Unfortunately, not all models are so self-correcting. For example, a law enforcement agency’s predictive policing algorithm might notice that crime is rising in a particular neighborhood and recommend that more police officers be assigned there. If the crimes monitored by the algorithm are violent ones like homicide and assault, the additional police may help reduce them.
But if the crimes being monitored include nuisance crimes such as vagrancy, public drinking, or panhandling (perhaps under a “broken windows” theory of policing), it’s likely that the majority of these crimes have been missed or ignored by the police, meaning the the reported rate is only a small fraction of the true rate. In that case, there are plenty of unreported crimes to discover, so if police departments put more effort into it, they will discover more crimes.
This creates a pernicious positive feedback loop. It becomes possible for a few racist cops to over-aggressively arrest a lot of people in predominantly black neighborhoods, producing an apparent increase in the crime rate for those neighborhoods. That could trigger the predictive policing algorithm to assign more officers into the area, where those officers will make even more arrests for even more nuisance crimes. That will drive up the reported crime rate again, which could cause the predictive policing algorithm to assign even more police, and so on. In this way, positive feedback can cause an algorithm to capture and amplify the racism of the people in the system.
These effects can go on to affect other algorithms. For example, an algorithm for a recidivism model — such as those used for sentencing and parole decisions — may take into account the likelihood that number of arrests a person has on their record, or even the number of people in that person’s neighborhood who are criminals, both of which could artificially inflated by runaway positive feedback in the predictive policing algorithm. Those arrests could also get plugged into analytics tools for evaluating job applications, leading to rejections of people with criminal records.
Speaking of job applications, it can be useful to score applicants by where they live, since people with longer commutes are more likely to quit sooner.

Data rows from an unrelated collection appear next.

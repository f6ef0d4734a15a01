-- ===== src/Binding/Reselect.antt =====
-- A card that is selected while another is, python/openpcd.c.
use librfid.Prelude.{
  ℤ, pos, negsuc, ◌≡◌, ◌≢◌, refl, Option, none, some, Bool, true, false, not, if◌then◌else◌,
}
use librfid.Control.{M, Run, ok, returned, fault, out_of_fuel, ◌>>=◌}
use librfid.Reader.{Reader}
use librfid.Layer2.Handle.{Layer2Handle}
use librfid.Layer2.Dispatch as Layer2
use librfid.Layer2.Dispatch.{Bounds}
use librfid.Tcl.Handle.{ProtocolHandle, on_l2}
use librfid.Protocol
use librfid.Protocol.{Stack}
use librfid.Binding.{
  PcdState, Layer2Pointer, null, alone, shared, is_some, set_ph, set_alone, with_world_of, ph_of,
  l2h_of, on_ph, on_l2h, drop_ph, make_ph, give_up, not_opened, after_open, after_init,
  after_layer2, pcd_error, select_card, release_l2h, deselect_card, unshare,
}
use librfid.Control.Post.{Post, Post-bind, put_back-Post, ended}
use librfid.Binding.Shape.{card, shape_of, shape}

abbrev HasPh : {W A : Type 0} → A → PcdState W → Type 0
HasPh a s = is_some s.ph ≡ true

-- The protocol's handle is there and that of the second layer is not.
abbrev pub IsDangling : {W : Type 0} → PcdState W → Type 0
IsDangling s = (s.l2h ≡ null) × (is_some s.ph ≡ true)

abbrev Dangles : {W A : Type 0} → A → PcdState W → Type 0
Dangles a s = IsDangling s

-- Where a run ends with the result -6, the state dangles.
abbrev DanglesAt6 : {W : Type 0} → ℤ → PcdState W → Type 0
DanglesAt6 ret s = ret ≡ pcd_error 6 → IsDangling s

abbrev Always : {S A : Type 0} → A → S → Type 0
Always a s = Unit

abbrev Never : {S A : Type 0} → A → S → Type 0
Never a s = ⊥

Post-Always : {S A : Type 0} (m : Run S A) → Post Always m
unfolding Post
Post-Always (ok a s) = tt
Post-Always (returned r s) = tt
Post-Always fault = tt
Post-Always out_of_fuel = tt

module _ {W A : Type 0} where
  ph_of-HasPh :
      (m : M (ProtocolHandle W) A) (p : Option (ProtocolHandle W)) (s : PcdState W)
      → Post HasPh (ph_of m p s)
  unfolding Post
  ph_of-HasPh m none s = tt
  ph_of-HasPh m (some p) s =
      unfold Post in (put_back-Post HasPh set_ph (m (with_world_of s.world p)) s (λ a t. refl))

  l2h_of-HasPh :
      (m : M (Layer2Handle W) A) (l : Layer2Pointer W) (s : PcdState W)
      → is_some s.ph ≡ true
      → Post HasPh (l2h_of m l s)
  unfolding Post
  l2h_of-HasPh m null s has = tt
  l2h_of-HasPh m (alone h) s has =
      put_back-Post HasPh set_alone (m (record h { world = s.world })) s (λ a t. has)
  l2h_of-HasPh m shared s has = ph_of-HasPh (on_l2 m) s.ph s

  ph_of-IsDangling :
      (m : M (ProtocolHandle W) A) (p : Option (ProtocolHandle W)) (s : PcdState W)
      → s.l2h ≡ null
      → Post Dangles (ph_of m p s)
  unfolding Post
  ph_of-IsDangling m none s e = tt
  ph_of-IsDangling m (some p) s e =
      put_back-Post Dangles set_ph (m (with_world_of s.world p)) s (λ a t. (e, refl))

module _ {W : Type 0} where
  card-HasPh :
      (l : Layer2Pointer W) (p : Option (ProtocolHandle W)) → shape_of l p ≡ card → is_some p ≡ true
  card-HasPh l (some p) c = refl
  card-HasPh null none c = cc
  card-HasPh (alone h) none c = cc
  card-HasPh shared none c = cc

  still_null : (l : Layer2Pointer W) (p : Option (ProtocolHandle W)) → l ≡ null → unshare l p ≡ null
  still_null null p e = refl
  still_null (alone h) p e = cc
  still_null shared none e = cc
  still_null shared (some p) e = cc

module _ {W : Type 0} (rdr : Reader W) where
  give_up-IsDangling :
      (s : PcdState W) → is_some s.ph ≡ true → Post DanglesAt6 (give_up rdr (pcd_error 6) s)
  unfolding give_up on_l2h
  give_up-IsDangling s has =
      Post-bind HasPh DanglesAt6 (on_l2h (Layer2.fini rdr) s) _
        (l2h_of-HasPh (Layer2.fini rdr) s.l2h s has)
        (λ _ t still. unfold Post in (λ _. (refl, still)))

  give_up-other : (n : ℤ) (s : PcdState W) → n ≢ pcd_error 6 → Post DanglesAt6 (give_up rdr n s)
  unfolding give_up
  give_up-other n s other =
      Post-bind Always DanglesAt6 (on_l2h (Layer2.fini rdr) s) _ (Post-Always _)
        (λ _ t _. unfold Post in (λ e. absurd (other e)))

  close-other :
      (n : ℤ) (s : PcdState W)
      → n ≢ pcd_error 6
      → Post DanglesAt6 ((on_l2h (Layer2.close rdr) >>= λ _. give_up rdr n) s)
  close-other n s other =
      Post-bind Always DanglesAt6 (on_l2h (Layer2.close rdr) s) _ (Post-Always _)
        (λ _ t _. give_up-other n t other)

  after_open-other : (rc : ℤ) (s : PcdState W) → Post DanglesAt6 (after_open rdr rc s)
  unfolding not_opened
  after_open-other (pos n) s = unfold Post in (λ e. cc)
  after_open-other (negsuc n) s =
      Post-bind Always DanglesAt6 (on_ph (Protocol.fini rdr) s) _ (Post-Always _) (λ _ t _.
        Post-bind Always DanglesAt6 (drop_ph t) _ (Post-Always _)
          (λ _ u _. close-other (pcd_error 8) u (λ e. cc)))

  after_init-other : (made : Bool) (s : PcdState W) → Post DanglesAt6 (after_init rdr made s)
  unfolding after_init
  after_init-other false s = close-other (pcd_error 7) s (λ e. cc)
  after_init-other true s =
      Post-bind Always DanglesAt6 (on_ph (Protocol.open_protocol rdr) s) _ (Post-Always _)
        (λ rc t _. after_open-other rc t)

  after_layer2-IsDangling :
      (allocated : Bool) (block : ProtocolHandle W) (rc : ℤ) (s : PcdState W)
      → is_some s.ph ≡ true
      → Post DanglesAt6 (after_layer2 rdr allocated block rc s)
  unfolding after_layer2
  after_layer2-IsDangling allocated block (negsuc n) s has = give_up-IsDangling s has
  after_layer2-IsDangling allocated block (pos n) s has =
      Post-bind Always DanglesAt6 (make_ph (Protocol.init rdr 3 allocated) block s) _
        (Post-Always _) (λ made t _. after_init-other made t)

  opened-IsDangling :
      (n : Bounds) (allocated made : Bool) (block : ProtocolHandle W) (s : PcdState W)
      → is_some s.ph ≡ true
      → Post DanglesAt6 (
          (if not made
              then (λ s. fault)
              else (do rc ← on_l2h (Layer2.open_l2 rdr n); after_layer2 rdr allocated block rc))
            s)
  unfolding on_l2h
  opened-IsDangling n allocated false block s has = unfold Post in tt
  opened-IsDangling n allocated true block s has =
      Post-bind HasPh DanglesAt6 (on_l2h (Layer2.open_l2 rdr n) s) _
        (l2h_of-HasPh (Layer2.open_l2 rdr n) s.l2h s has)
        (λ rc t still. after_layer2-IsDangling allocated block rc t still)

  select_card-IsDangling :
      (n : Bounds) (allocated allocated' : Bool) (block : ProtocolHandle W) (s : PcdState W)
      → is_some s.ph ≡ true
      → Post DanglesAt6 (select_card rdr n allocated allocated' block true s)
  unfolding select_card on_l2h
  select_card-IsDangling n allocated allocated' block s has =
      let t = record s { l2h = alone block.l2h } in
      Post-bind HasPh DanglesAt6 (on_l2h (Layer2.init rdr 1 allocated) t) _
        (l2h_of-HasPh (Layer2.init rdr 1 allocated) t.l2h t has)
        (λ made u still. opened-IsDangling n allocated' made block u still)

  on_null :
      {A : Type 0} (m : M (Layer2Handle W) A) (s : PcdState W)
      → s.l2h ≡ null
      → Post Never (on_l2h m s)
  unfolding on_l2h Post
  on_null m s e = rw e tt

  release-IsDangling : (s : PcdState W) → s.l2h ≡ null → Post Never (release_l2h rdr s)
  unfolding release_l2h
  release-IsDangling s e =
      Post-bind Never Never (on_l2h (Layer2.close rdr) s) _ (on_null (Layer2.close rdr) s e)
        (λ _ t never. absurd never)

  deselect-IsDangling :
      (stack : Stack) (s : PcdState W) → IsDangling s → Post Never (deselect_card rdr stack true s)
  unfolding deselect_card on_ph
  deselect-IsDangling stack s (e, has) = rw has (
      Post-bind Dangles Never (ph_of (Protocol.close rdr stack) s.ph s) _
        (ph_of-IsDangling (Protocol.close rdr stack) s.ph s e)
        (λ _ t d.
          Post-bind Dangles Never (ph_of (Protocol.fini rdr) t.ph t) _
            (ph_of-IsDangling (Protocol.fini rdr) t.ph t d.0)
            (λ _ u d'.
              release-IsDangling (record u { l2h = unshare u.l2h u.ph; ph = none })
                (still_null u.l2h u.ph d'.0))))

  -- Where a card is selected already and the selection of another ends with the result -6, the state
  -- that is left has the handle of the protocol and none of the second layer, and to deselect the card
  -- from there never comes to a result.
  pub select_card_again :
      (n : Bounds) (allocated allocated' : Bool) (block : ProtocolHandle W) (stack : Stack)
      (s t u : PcdState W) (ret : ℤ)
      → shape s ≡ card
      → select_card rdr n allocated allocated' block true s ≡ ok (pcd_error 6) t
      → IsDangling t × (deselect_card rdr stack true t ≢ ok ret u)
  select_card_again n allocated allocated' block stack s t u ret c e =
      let has = card-HasPh s.l2h s.ph c in
      let left : IsDangling t =
        ended DanglesAt6 _ (pcd_error 6) t e
          (select_card-IsDangling n allocated allocated' block s has) refl in
      (left, λ done. ended Never _ ret u done (deselect-IsDangling stack t left))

That sounds like a neutral decision, unless the company is located in a predominantly white area, in which case the geographic scoring will have the effect of preferring white people.
These days, machine learning is all the rage. So if a company has a historic database of 100,000 job applications which lead to 10,000 people being hired, a data scientist might feed that database to a machine learning system in the hope that it will generate an algorithmic model that will mimic the hiring decisions of the company’s managers. If the algorithm can narrow down the applicant field by rejecting 80,000 applications before any human sees them, that will speed up the hiring process a lot. Of course, if the hiring managers were racially biased, the machine learning model could learn to mimic their bias.
This sort of thing happens a lot, and professional data scientist Cathy O’Neil wrote a pretty decent book called Weapons of Math Destruction about the ways which big data modeling can go wrong, including some of the ways models can capture and replicate racial bias. We can make philosophical arguments about whether this is really racist, but it’s not how we want our algorithms to work.
Chuck Pergiel says
Nicely done. Reinforces my faith in logical thinking. Probably does the same for most of your readers. Unfortunately, it will do nothing for most of the world which does not seem to use or understand the concept of logic. I spent some time perusing a subreddit this morning and it was incomprehensible. Just had to tell someone about my close encounter with the abyss.